> _Required action_: Beginning with the first line, please repeat the entries exactly and end on the line that contains "ps)) (suc k))".

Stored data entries
+===+

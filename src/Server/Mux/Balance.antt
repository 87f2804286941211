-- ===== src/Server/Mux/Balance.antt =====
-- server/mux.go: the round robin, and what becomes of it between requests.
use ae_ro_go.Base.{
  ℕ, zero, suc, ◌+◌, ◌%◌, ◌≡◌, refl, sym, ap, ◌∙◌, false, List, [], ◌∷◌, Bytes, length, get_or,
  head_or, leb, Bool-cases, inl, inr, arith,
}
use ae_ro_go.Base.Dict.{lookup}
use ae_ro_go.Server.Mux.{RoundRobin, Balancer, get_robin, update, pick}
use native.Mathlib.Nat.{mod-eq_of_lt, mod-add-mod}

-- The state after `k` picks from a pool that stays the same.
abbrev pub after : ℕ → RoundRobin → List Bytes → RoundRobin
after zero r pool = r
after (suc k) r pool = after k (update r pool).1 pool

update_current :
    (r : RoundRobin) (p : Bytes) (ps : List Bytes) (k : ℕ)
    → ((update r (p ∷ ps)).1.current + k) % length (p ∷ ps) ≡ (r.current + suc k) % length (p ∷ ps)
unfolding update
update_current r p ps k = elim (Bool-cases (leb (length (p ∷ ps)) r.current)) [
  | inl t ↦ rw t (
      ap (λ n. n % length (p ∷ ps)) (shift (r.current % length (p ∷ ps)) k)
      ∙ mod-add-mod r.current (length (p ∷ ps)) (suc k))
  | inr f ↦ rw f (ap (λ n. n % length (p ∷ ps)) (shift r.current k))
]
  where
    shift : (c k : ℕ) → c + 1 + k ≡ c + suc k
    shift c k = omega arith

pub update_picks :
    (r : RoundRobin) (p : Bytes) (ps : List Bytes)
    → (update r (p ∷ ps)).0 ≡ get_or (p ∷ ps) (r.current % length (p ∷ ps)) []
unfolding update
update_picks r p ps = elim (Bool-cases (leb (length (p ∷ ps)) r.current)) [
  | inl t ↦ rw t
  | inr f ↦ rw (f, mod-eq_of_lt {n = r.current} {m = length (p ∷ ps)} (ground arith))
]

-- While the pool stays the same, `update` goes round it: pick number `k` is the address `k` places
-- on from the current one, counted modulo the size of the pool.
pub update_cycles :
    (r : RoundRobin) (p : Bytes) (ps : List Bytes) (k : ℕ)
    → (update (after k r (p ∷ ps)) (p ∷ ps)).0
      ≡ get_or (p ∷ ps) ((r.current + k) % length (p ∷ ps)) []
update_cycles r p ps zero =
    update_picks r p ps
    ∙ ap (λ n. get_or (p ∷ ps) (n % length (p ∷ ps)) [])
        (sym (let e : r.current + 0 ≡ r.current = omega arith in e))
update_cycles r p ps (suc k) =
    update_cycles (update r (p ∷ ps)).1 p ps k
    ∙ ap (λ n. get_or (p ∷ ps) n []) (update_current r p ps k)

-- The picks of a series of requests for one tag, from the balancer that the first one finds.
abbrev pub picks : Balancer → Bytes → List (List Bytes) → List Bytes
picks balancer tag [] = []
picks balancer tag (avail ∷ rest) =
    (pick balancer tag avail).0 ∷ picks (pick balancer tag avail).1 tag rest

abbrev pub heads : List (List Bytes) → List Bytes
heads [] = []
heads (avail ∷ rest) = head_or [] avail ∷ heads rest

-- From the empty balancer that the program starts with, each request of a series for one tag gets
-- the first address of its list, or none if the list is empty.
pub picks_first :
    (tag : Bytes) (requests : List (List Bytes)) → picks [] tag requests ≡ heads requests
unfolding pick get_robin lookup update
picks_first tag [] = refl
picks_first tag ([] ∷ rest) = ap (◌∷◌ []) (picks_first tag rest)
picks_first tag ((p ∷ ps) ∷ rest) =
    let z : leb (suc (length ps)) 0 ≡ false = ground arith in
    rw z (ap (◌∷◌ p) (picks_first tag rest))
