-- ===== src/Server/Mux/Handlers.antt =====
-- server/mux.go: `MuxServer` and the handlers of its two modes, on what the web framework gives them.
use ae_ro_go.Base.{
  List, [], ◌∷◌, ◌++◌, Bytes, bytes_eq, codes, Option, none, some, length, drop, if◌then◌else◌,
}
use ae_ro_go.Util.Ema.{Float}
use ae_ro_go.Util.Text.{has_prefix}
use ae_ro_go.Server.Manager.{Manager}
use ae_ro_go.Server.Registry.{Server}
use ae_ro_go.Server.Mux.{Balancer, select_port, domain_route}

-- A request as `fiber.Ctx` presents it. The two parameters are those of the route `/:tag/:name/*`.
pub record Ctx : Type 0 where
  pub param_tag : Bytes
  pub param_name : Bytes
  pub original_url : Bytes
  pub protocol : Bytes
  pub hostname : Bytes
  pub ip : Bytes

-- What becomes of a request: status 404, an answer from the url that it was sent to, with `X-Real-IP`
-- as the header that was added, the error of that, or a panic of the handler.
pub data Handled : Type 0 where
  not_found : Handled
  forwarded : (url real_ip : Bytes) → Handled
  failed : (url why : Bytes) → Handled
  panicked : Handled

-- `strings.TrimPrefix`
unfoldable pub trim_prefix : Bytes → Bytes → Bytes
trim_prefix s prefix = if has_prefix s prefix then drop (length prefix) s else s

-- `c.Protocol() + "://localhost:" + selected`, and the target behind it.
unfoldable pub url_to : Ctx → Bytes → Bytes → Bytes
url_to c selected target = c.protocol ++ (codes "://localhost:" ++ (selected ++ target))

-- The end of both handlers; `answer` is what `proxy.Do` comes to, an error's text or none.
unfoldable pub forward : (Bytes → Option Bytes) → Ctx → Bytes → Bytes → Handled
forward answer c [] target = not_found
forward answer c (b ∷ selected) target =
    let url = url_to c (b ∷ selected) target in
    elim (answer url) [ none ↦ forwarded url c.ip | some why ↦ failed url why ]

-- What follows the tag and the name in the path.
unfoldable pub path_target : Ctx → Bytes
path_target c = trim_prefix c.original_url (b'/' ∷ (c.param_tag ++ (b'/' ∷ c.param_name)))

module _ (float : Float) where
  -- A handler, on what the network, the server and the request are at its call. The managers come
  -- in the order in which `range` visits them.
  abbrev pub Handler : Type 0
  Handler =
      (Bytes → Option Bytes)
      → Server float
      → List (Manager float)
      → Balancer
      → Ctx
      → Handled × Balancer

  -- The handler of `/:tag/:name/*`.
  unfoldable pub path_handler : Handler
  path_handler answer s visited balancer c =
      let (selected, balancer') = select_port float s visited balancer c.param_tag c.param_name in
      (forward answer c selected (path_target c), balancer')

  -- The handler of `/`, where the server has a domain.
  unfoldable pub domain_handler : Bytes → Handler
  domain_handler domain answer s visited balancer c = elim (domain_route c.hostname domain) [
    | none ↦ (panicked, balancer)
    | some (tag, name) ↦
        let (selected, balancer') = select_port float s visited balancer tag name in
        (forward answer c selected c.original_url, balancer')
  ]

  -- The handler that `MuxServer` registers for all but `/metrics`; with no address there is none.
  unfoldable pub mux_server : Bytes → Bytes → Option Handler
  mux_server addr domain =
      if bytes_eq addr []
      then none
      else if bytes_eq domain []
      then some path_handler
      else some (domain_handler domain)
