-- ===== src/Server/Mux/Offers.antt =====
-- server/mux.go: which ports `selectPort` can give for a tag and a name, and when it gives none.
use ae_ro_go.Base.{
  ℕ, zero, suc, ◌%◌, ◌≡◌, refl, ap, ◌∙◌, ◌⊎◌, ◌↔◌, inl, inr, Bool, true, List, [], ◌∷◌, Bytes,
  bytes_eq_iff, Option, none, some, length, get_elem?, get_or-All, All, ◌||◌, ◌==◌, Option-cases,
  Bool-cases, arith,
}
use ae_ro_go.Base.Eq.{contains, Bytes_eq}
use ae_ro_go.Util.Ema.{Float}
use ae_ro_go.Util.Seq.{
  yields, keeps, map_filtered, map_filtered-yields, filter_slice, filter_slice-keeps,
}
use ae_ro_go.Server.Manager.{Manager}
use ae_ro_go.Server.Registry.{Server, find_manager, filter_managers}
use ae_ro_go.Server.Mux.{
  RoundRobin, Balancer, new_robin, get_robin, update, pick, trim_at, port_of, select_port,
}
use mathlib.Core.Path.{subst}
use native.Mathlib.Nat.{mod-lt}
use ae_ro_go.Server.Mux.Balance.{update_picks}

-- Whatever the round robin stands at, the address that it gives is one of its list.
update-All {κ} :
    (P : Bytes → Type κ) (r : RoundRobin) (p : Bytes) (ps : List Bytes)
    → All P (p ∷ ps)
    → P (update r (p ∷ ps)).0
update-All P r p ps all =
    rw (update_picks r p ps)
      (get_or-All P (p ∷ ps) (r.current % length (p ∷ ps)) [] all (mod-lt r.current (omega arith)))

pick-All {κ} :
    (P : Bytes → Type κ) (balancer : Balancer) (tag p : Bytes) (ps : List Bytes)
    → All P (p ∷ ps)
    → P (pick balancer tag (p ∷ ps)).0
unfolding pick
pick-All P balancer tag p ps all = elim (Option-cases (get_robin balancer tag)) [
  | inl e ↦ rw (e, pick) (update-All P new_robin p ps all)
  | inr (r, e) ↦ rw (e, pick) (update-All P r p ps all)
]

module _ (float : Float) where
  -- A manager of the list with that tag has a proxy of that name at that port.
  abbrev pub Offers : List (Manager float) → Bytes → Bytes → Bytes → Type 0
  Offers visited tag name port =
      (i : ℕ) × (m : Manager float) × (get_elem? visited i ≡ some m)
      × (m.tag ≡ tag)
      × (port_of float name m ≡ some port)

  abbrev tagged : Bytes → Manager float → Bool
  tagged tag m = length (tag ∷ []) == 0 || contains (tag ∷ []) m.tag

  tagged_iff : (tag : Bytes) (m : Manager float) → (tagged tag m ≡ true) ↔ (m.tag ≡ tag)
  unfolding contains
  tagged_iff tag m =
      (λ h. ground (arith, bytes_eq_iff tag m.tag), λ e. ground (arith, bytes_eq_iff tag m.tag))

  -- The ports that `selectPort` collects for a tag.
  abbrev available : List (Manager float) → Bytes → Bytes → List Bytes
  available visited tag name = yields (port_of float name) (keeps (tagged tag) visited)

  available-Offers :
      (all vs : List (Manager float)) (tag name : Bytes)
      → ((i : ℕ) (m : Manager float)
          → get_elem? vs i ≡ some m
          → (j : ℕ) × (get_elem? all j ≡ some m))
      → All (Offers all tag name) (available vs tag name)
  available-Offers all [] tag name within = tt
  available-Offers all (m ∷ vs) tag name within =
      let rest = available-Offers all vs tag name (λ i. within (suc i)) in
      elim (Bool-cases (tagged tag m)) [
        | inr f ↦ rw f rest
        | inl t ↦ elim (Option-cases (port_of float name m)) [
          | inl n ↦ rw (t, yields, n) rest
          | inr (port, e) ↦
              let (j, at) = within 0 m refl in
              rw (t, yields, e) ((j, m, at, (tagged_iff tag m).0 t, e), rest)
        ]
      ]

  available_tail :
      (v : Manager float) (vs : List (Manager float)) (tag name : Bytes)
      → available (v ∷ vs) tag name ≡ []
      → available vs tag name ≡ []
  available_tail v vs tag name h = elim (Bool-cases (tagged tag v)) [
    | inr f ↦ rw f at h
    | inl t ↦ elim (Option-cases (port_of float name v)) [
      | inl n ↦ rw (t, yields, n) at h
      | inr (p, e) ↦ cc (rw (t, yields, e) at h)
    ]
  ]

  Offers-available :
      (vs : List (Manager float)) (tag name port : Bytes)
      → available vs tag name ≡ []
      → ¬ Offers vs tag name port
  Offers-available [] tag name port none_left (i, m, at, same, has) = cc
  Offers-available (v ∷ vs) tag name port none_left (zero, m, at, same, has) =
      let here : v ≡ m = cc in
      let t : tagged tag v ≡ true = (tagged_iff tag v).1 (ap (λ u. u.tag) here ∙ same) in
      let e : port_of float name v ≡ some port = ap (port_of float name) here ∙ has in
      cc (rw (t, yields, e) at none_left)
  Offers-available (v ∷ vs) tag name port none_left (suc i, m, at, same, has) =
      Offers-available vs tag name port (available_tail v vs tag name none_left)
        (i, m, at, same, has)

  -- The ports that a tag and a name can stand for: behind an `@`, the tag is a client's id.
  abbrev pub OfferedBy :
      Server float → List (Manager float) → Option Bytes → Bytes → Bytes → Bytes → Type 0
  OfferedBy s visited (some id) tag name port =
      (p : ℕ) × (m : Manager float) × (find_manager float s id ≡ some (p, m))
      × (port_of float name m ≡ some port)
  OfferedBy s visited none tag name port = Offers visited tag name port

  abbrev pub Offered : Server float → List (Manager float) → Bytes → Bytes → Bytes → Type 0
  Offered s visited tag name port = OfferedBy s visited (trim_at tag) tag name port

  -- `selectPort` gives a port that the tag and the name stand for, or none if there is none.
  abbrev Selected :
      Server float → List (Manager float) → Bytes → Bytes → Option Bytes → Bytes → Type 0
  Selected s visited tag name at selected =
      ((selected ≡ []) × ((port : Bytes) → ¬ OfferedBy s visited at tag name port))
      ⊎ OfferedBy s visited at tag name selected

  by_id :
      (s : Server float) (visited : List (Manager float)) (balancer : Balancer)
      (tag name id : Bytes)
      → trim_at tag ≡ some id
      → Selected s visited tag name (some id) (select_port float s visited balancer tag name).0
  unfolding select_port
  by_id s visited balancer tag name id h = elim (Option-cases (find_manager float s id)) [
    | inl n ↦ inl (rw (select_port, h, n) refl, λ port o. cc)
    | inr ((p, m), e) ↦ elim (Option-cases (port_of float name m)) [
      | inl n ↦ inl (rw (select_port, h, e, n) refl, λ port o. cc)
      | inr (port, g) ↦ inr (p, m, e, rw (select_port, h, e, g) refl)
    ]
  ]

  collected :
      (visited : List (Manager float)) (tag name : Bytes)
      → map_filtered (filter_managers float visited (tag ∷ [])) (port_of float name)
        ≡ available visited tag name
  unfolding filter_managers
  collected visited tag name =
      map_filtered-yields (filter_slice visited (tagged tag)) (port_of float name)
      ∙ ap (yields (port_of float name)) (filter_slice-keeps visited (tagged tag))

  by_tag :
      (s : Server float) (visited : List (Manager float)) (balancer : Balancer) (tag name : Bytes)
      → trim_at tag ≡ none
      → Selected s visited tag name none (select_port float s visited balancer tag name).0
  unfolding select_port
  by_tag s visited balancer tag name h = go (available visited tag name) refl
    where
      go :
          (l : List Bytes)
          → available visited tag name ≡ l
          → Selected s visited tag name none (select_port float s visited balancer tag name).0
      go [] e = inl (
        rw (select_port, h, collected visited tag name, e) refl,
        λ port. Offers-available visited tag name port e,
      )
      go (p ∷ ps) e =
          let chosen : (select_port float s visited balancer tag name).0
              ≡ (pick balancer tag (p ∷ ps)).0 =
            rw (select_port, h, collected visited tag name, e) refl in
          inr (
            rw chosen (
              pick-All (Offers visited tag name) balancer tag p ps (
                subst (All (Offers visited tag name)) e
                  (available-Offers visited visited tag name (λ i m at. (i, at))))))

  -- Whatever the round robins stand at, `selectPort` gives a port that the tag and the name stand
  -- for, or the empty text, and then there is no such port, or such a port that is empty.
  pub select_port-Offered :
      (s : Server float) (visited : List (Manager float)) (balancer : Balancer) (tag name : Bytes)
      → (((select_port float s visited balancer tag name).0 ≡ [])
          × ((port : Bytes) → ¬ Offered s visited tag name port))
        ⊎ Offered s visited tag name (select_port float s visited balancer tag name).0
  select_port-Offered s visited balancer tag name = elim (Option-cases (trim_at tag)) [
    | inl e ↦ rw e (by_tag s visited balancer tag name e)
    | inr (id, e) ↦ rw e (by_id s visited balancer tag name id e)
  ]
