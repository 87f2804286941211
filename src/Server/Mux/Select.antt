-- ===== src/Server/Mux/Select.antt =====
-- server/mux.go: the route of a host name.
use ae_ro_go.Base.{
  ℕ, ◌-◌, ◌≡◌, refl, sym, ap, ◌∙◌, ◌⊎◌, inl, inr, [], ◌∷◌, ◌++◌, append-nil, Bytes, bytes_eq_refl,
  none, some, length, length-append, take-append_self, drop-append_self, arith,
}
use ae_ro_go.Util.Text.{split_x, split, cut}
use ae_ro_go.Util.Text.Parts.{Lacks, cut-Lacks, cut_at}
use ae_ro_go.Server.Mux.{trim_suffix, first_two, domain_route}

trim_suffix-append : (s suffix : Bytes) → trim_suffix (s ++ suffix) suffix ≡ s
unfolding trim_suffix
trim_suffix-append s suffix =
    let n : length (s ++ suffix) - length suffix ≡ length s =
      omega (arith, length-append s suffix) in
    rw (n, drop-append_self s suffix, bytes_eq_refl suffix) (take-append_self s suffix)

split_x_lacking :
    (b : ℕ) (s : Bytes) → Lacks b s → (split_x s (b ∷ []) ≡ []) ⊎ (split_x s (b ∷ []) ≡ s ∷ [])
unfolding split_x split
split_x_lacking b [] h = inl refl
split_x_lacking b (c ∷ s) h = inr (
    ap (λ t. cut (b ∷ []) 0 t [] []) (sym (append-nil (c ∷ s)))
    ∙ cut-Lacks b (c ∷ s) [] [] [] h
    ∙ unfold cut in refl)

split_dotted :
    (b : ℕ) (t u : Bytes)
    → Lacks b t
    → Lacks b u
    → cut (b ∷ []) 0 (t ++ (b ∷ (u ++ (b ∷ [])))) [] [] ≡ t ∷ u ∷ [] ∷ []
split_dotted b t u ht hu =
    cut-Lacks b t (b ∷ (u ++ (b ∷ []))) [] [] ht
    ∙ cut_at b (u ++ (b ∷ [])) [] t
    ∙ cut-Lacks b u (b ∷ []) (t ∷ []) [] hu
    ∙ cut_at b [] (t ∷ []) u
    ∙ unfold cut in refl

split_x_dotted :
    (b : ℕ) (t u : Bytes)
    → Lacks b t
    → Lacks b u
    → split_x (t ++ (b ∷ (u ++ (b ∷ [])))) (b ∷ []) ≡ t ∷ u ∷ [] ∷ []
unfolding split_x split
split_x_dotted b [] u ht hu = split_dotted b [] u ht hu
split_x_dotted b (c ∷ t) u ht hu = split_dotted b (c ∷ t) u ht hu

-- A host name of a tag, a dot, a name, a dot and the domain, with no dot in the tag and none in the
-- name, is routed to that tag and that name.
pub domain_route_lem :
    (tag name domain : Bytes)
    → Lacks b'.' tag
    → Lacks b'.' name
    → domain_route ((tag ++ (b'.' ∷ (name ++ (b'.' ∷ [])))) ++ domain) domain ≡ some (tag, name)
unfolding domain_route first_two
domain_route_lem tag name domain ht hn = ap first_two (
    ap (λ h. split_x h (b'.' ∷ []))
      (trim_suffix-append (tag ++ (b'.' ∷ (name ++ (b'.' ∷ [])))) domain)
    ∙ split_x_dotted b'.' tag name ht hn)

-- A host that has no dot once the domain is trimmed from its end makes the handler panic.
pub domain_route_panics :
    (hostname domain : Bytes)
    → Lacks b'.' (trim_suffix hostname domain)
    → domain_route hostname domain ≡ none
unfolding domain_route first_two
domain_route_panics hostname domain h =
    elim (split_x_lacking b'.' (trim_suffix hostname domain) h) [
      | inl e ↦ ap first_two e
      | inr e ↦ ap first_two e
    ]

+===+

> _Solution to this task_:
filename src/Server/Mux/Balance.antt
repository 87f2804286941211
-- ===== src/Server/Mux/Balance.antt =====
-- server/mux.go: the round robin, and what becomes of it between requests.
use ae_ro_go.Base.{
  ℕ, zero, suc, ◌+◌, ◌%◌, ◌≡◌, refl, sym, ap, ◌∙◌, false, List, [], ◌∷◌, Bytes, length, get_or,
  head_or, leb, Bool-cases, inl, inr, arith,
}
use ae_ro_go.Base.Dict.{lookup}
use ae_ro_go.Server.Mux.{RoundRobin, Balancer, get_robin, update, pick}
use native.Mathlib.Nat.{mod-eq_of_lt, mod-add-mod}

-- The state after `k` picks from a pool that stays the same.
abbrev pub after : ℕ → RoundRobin → List Bytes → RoundRobin
after zero r pool = r
after (suc k) r pool = after k (update r pool).1 pool

update_current :
    (r : RoundRobin) (p : Bytes) (ps : List Bytes) (k : ℕ)
    → ((update r (p ∷ ps)).1.current + k) % length (p ∷ ps) ≡ (r.current + suc k) % length (p ∷ ps)
unfolding update
update_current r p ps k = elim (Bool-cases (leb (length (p ∷ ps)) r.current)) [
  | inl t ↦ rw t (
      ap (λ n. n % length (p ∷ ps)) (shift (r.current % length (p ∷ ps)) k)
      ∙ mod-add-mod r.current (length (p ∷ ps)) (suc k))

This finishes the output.